▶ [Work to be completed] Check each line of the entries below for the word "given", then state how many lines have it and nothing more.

#####

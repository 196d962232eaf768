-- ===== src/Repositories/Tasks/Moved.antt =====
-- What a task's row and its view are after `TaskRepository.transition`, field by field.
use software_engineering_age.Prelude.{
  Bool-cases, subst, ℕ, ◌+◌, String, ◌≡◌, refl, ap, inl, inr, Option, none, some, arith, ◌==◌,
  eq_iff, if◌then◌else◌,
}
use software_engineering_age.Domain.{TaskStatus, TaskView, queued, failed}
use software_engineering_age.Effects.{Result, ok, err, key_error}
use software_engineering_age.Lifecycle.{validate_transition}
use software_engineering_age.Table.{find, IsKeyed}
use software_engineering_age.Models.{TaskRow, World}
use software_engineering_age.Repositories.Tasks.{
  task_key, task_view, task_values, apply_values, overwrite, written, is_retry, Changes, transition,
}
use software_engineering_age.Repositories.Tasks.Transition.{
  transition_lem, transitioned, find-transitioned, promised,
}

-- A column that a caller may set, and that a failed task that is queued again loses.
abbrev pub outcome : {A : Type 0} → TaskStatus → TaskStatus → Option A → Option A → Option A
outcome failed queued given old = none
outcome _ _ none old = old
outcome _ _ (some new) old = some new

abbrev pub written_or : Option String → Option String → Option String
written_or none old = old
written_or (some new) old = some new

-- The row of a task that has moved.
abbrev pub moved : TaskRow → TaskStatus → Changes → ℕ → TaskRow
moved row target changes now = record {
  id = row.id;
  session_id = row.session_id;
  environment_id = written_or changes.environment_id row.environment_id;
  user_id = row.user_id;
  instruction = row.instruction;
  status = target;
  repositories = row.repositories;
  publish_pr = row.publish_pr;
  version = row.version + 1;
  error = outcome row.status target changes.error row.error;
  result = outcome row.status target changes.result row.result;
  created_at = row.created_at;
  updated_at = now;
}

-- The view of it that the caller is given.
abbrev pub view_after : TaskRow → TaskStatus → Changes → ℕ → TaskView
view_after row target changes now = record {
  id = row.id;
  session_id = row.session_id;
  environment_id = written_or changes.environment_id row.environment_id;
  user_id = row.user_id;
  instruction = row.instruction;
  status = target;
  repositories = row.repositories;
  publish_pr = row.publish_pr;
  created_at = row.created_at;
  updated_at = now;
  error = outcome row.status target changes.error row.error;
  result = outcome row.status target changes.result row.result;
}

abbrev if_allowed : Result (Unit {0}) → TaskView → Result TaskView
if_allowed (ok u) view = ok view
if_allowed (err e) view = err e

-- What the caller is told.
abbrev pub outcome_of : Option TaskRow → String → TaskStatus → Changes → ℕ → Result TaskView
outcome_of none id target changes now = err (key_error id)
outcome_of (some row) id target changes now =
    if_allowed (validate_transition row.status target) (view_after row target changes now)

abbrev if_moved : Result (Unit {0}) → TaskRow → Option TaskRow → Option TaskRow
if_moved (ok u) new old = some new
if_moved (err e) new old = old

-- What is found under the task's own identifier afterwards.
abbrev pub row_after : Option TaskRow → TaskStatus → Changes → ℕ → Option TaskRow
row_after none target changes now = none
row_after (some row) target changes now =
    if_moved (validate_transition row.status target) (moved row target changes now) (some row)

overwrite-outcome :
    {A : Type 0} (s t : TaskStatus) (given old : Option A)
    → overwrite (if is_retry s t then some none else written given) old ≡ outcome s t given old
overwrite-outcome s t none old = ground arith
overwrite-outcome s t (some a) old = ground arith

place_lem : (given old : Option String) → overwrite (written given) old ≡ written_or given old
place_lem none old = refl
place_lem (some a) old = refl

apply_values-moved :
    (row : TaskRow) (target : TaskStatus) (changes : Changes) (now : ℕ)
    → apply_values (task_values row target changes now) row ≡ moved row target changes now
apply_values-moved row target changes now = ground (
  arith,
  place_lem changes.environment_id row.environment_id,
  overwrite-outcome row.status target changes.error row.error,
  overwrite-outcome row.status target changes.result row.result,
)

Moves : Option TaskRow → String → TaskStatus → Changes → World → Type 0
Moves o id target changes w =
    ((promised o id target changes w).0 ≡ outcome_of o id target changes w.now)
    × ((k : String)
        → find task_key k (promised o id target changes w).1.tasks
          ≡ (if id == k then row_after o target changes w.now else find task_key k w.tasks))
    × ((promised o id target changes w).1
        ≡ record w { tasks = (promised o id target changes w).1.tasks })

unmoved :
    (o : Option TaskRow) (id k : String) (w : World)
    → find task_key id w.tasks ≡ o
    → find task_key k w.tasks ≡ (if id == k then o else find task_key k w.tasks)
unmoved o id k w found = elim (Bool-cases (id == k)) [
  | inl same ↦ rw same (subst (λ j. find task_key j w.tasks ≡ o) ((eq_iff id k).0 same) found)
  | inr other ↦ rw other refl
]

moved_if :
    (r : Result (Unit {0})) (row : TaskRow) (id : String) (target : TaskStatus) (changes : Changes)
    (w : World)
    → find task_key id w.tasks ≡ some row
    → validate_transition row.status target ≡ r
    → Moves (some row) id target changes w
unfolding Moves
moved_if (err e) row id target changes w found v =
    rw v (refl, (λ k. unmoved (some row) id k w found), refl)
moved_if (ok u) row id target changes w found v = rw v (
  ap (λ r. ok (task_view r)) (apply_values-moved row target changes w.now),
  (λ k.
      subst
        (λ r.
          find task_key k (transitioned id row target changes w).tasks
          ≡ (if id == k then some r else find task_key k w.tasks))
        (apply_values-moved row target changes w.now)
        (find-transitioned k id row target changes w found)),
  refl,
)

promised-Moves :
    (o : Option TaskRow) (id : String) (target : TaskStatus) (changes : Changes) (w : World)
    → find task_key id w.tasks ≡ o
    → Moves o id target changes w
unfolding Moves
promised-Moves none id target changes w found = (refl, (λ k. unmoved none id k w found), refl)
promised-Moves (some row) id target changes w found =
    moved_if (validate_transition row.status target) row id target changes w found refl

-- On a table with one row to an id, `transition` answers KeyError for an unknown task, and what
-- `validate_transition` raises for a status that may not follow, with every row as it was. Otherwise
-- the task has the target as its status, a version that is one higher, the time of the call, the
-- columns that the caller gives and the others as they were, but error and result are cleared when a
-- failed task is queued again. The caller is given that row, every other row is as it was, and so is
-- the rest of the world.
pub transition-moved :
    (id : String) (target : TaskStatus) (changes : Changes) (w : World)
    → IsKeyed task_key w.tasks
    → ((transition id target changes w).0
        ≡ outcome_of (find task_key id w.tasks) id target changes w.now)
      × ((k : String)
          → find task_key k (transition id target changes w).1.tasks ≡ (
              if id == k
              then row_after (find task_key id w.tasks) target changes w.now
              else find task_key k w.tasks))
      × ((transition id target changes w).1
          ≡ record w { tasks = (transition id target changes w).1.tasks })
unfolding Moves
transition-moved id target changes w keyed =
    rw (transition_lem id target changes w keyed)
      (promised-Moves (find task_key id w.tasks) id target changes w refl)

#####

▶ [Finished exercise] 6